I don't know if this review has already been mentioned on this list, but....

That bastion of journalism, the Oakland Tribune, printed a review of M&D by
Donna Rifkind of the Baltimore Sun this morning.  Ms. Rifkind gave the book
a favorable, straightforwared review, bringing up only a few negative points.
She also spoke very favorable about Tom himself.  Since I don't think this
review will end up online, here's a few excerpts:

"Pynchon's glamorous low profile forces his books to speak for themselves; and
speak they do, at great length, often brilliantly, not always comprehensively,
setting generations of literature majors aflame with thier labrynthe plots and
inspired language."

Re: the nearly 800 page length of M&D and the fact that people may balk at it
due to its length: "[T]ake heart: There is magic here."

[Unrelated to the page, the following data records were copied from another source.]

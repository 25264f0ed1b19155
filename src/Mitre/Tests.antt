-- ===== src/Mitre/Tests.antt =====
-- Reasons that name the same technique, and one that names none.
use ids_bachelor_thesis.Prelude.{
  text_test, number_test, ◌≡◌, ◌≤◌, refl, length, String, List, [], ◌∷◌, map,
}
use ids_bachelor_thesis.Dict.{get}
use ids_bachelor_thesis.Text.{starts_with}
use ids_bachelor_thesis.Mitre.Defs.{classify, technique_of, has_technique, key_leb, rank_in}
use ids_bachelor_thesis.Mitre.Order.{IsOrdered, IsDistinct, classify-IsOrdered}

abbrev reasons : List String
reasons = "flood" ∷ "payload_xxe" ∷ "HTTP_sqli" ∷ "http_SQLI" ∷ "ml_skipped_no_features" ∷ []

found : map (λ e. e.technique) (classify reasons) ≡ "T1190" ∷ "T1498" ∷ []
unfolding classify technique_of get starts_with has_technique key_leb rank_in
found = refl

classify-IsOrdered_example :
    IsOrdered (classify reasons) × IsDistinct (classify reasons) × (length (classify reasons) ≤ 12)
classify-IsOrdered_example = classify-IsOrdered reasons
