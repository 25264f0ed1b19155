-- ===== src/Queues.antt =====
-- ids/packet_queue.py: the bounded queues of the capture pipeline.
pub mod Defs
pub mod Accounting
pub mod Sampling
pub mod Retry
mod Tests
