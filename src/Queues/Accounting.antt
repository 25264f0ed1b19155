-- ===== src/Queues/Accounting.antt =====
-- Nothing is lost without a trace: the queues against a ledger of what callers offered and took.
use mathlib.Core.List.{append_assoc, append-nil}
use ids_bachelor_thesis.Prelude.{
  ℕ, ◌+◌, ◌≡◌, Bool, true, false, inl, inr, Option-cases, Option, none, some, List, [], ◌∷◌, ◌++◌,
  arith,
}
use ids_bachelor_thesis.BoundedQueue
use ids_bachelor_thesis.BoundedQueue.{
  Queue, put_nowait, put_nowait-items, put_nowait-IsBounded, get-items, IsBounded,
}
use ids_bachelor_thesis.Queues.Defs.{
  Config, PacketQueues, new_queues, enqueue_raw_packet, enqueue_packet, enqueue_log,
  dequeue_raw_packet, dequeue_packet,
}

-- The calls that the capture thread and the workers make, the enqueues at a time.
pub data Event (R P L : Type 0) : Type 0 where
  raw_packet : ℕ → R → Event R P L
  packet : ℕ → P → Event R P L
  log : L → Event R P L
  take_raw take_packet : Event R P L

-- For each queue the items taken in and handed out; the refusals, and those that warnings reported.
pub record Ledger (R P L : Type 0) : Type 0 where
  pub raw_in : List R
  pub raw_out : List R
  pub raw_refused : ℕ
  pub raw_reported : ℕ
  pub packets_in : List P
  pub packets_out : List P
  pub packets_refused : ℕ
  pub packets_reported : ℕ
  pub logs_in : List L
  pub logs_refused : ℕ

abbrev pub blank : {R P L : Type 0} → Ledger R P L
blank = record {
  raw_in = [];
  raw_out = [];
  raw_refused = 0;
  raw_reported = 0;
  packets_in = [];
  packets_out = [];
  packets_refused = 0;
  packets_reported = 0;
  logs_in = [];
  logs_refused = 0;
}

abbrev reported : Option ℕ → ℕ
reported none = 0
reported (some n) = n

abbrev taken {ℓ} : {A : Type ℓ} → Option A → List A
taken none = []
taken (some a) = a ∷ []

-- What one result adds to the items in, and to the refusals.
abbrev admitted {ℓ} : {A : Type ℓ} → Bool → A → List A
admitted true a = a ∷ []
admitted false a = []

abbrev refusals : Bool → ℕ
refusals true = 0
refusals false = 1

abbrev pub State : Type 0 → Type 0 → Type 0 → Type 0
State R P L = PacketQueues R P L × Ledger R P L

module _ {R P L : Type 0} (c : Config) where
  unfoldable pub step : Event R P L → State R P L → State R P L
  step (raw_packet now pkt) (q, l) =
      let (q', done, report) = enqueue_raw_packet c now pkt q in
      (
        q',
        record l {
          raw_in = l.raw_in ++ admitted done pkt;
          raw_refused = l.raw_refused + refusals done;
          raw_reported = l.raw_reported + reported report;
        },
      )
  step (packet now item) (q, l) =
      let (q', done, report) = enqueue_packet c now item q in
      (
        q',
        record l {
          packets_in = l.packets_in ++ admitted done item;
          packets_refused = l.packets_refused + refusals done;
          packets_reported = l.packets_reported + reported report;
        },
      )
  step (log entry) (q, l) =
      let (q', done) = enqueue_log entry q in
      (
        q',
        record l {
          logs_in = l.logs_in ++ admitted done entry;
          logs_refused = l.logs_refused + refusals done;
        },
      )
  step take_raw (q, l) =
      let (q', got) = dequeue_raw_packet q in (q', record l { raw_out = l.raw_out ++ taken got })
  step take_packet (q, l) =
      let (q', got) = dequeue_packet q in
      (q', record l { packets_out = l.packets_out ++ taken got })

  unfoldable pub play : List (Event R P L) → State R P L → State R P L
  unfolding step
  play [] s = s
  play (e ∷ es) s = play es (step e s)

-- Each queue holds, in order, what went in and did not come out, within its bound; each refused item
-- was reported by a warning or is still counted.
pub record IsBalanced {R P L : Type 0} (q : PacketQueues R P L) (l : Ledger R P L) : Type 0 where
  pub raw : l.raw_in ≡ l.raw_out ++ q.raw_queue.items
  pub packets : l.packets_in ≡ l.packets_out ++ q.packet_queue.items
  pub logs : l.logs_in ≡ q.log_queue.items
  pub raw_drops : l.raw_refused ≡ l.raw_reported + q.dropped_raw
  pub packet_drops : l.packets_refused ≡ l.packets_reported + q.dropped_packets
  pub log_drops : l.logs_refused ≡ q.dropped_logs
  pub raw_bound : IsBounded q.raw_queue
  pub packet_bound : IsBounded q.packet_queue
  pub log_bound : IsBounded q.log_queue

module _ {R P L : Type 0} (c : Config) (q : PacketQueues R P L) (l : Ledger R P L)
    (h : IsBalanced q l) where
  raw_packet-IsBalanced :
      (now : ℕ) (pkt : R) → let (q', l') = step c (raw_packet now pkt) (q, l) in IsBalanced q' l'
  unfolding step enqueue_raw_packet
  raw_packet-IsBalanced now pkt = elim (Option-cases (put_nowait pkt q.raw_queue)) [
    | inl full ↦ ground (arith, append-nil l.raw_in)
    | inr (queue, e) ↦ ground (
      arith,
      put_nowait-items pkt q.raw_queue queue e,
      put_nowait-IsBounded pkt q.raw_queue queue h.raw_bound e,
      append_assoc l.raw_out q.raw_queue.items (pkt ∷ []),
    )
  ]

  packet-IsBalanced :
      (now : ℕ) (item : P) → let (q', l') = step c (packet now item) (q, l) in IsBalanced q' l'
  unfolding step enqueue_packet
  packet-IsBalanced now item = elim (Option-cases (put_nowait item q.packet_queue)) [
    | inl full ↦ ground (arith, append-nil l.packets_in)
    | inr (queue, e) ↦ ground (
      arith,
      put_nowait-items item q.packet_queue queue e,
      put_nowait-IsBounded item q.packet_queue queue h.packet_bound e,
      append_assoc l.packets_out q.packet_queue.items (item ∷ []),
    )
  ]

  log-IsBalanced : (entry : L) → let (q', l') = step c (log entry) (q, l) in IsBalanced q' l'
  unfolding step enqueue_log
  log-IsBalanced entry = elim (Option-cases (put_nowait entry q.log_queue)) [
    | inl full ↦ ground (arith, append-nil l.logs_in)
    | inr (queue, e) ↦ ground (
      arith,
      put_nowait-items entry q.log_queue queue e,
      put_nowait-IsBounded entry q.log_queue queue h.log_bound e,
    )
  ]

  take_raw-IsBalanced : let (q', l') = step c take_raw (q, l) in IsBalanced q' l'
  unfolding step dequeue_raw_packet
  take_raw-IsBalanced = elim (Option-cases (BoundedQueue.get q.raw_queue)) [
    | inl nothing ↦ ground (arith, append-nil l.raw_out)
    | inr ((pkt, queue), e) ↦
        ground
          (arith, get-items q.raw_queue queue pkt e, append_assoc l.raw_out (pkt ∷ []) queue.items)
  ]

  take_packet-IsBalanced : let (q', l') = step c take_packet (q, l) in IsBalanced q' l'
  unfolding step dequeue_packet
  take_packet-IsBalanced = elim (Option-cases (BoundedQueue.get q.packet_queue)) [
    | inl nothing ↦ ground (arith, append-nil l.packets_out)
    | inr ((item, queue), e) ↦ ground (
      arith,
      get-items q.packet_queue queue item e,
      append_assoc l.packets_out (item ∷ []) queue.items,
    )
  ]

module _ {R P L : Type 0} (c : Config) where
  step-IsBalanced :
      (e : Event R P L) (q : PacketQueues R P L) (l : Ledger R P L)
      → IsBalanced q l
      → let (q', l') = step c e (q, l) in IsBalanced q' l'
  step-IsBalanced (raw_packet now pkt) q l h = raw_packet-IsBalanced c q l h now pkt
  step-IsBalanced (packet now item) q l h = packet-IsBalanced c q l h now item
  step-IsBalanced (log entry) q l h = log-IsBalanced c q l h entry
  step-IsBalanced take_raw q l h = take_raw-IsBalanced c q l h
  step-IsBalanced take_packet q l h = take_packet-IsBalanced c q l h

  play-IsBalanced :
      (es : List (Event R P L)) (q : PacketQueues R P L) (l : Ledger R P L)
      → IsBalanced q l
      → let (q', l') = play c es (q, l) in IsBalanced q' l'
  unfolding play
  play-IsBalanced [] q l h = h
  play-IsBalanced (e ∷ es) q l h =
      let (q', l') = step c e (q, l) in play-IsBalanced es q' l' (step-IsBalanced e q l h)

  new_queues-IsBalanced : IsBalanced (new_queues {R = R} {P = P} {L = L} c) blank
  unfolding new_queues
  new_queues-IsBalanced = ground arith

  -- From new queues, whatever the calls and their times: each of the three queues holds, in order,
  -- what it took in and has not handed out, and never more than its bound; each refused frame or
  -- packet was reported by a warning or is still counted, and each refused log entry is counted.
  pub queues_lose_nothing :
      (es : List (Event R P L)) → let (q, l) = play c es (new_queues c, blank) in IsBalanced q l
  queues_lose_nothing es = play-IsBalanced es (new_queues c) blank new_queues-IsBalanced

"[T]here are enough miscellaneous settings and characters here to make a Dickens
novel seem like My Weekly Reader."

"[A] novel as fit to burst with energy and promise as early America itself."

and the negative bits:

"[T]he plot of [M&D] is a mess, veering out of control, losing its focus as it
jumps from one teeming scene to the next.  There are long loose episodes here
that are nearly impossible to follow and probably should have been cut.  But if
the book doesn't quite hang together, it most assuredly does hang separately,
with passages of breathtaking virtuosity.  There isn't another writer alive who
could imagine anything along the lines of this thrilling, sloppy monster of a
novel."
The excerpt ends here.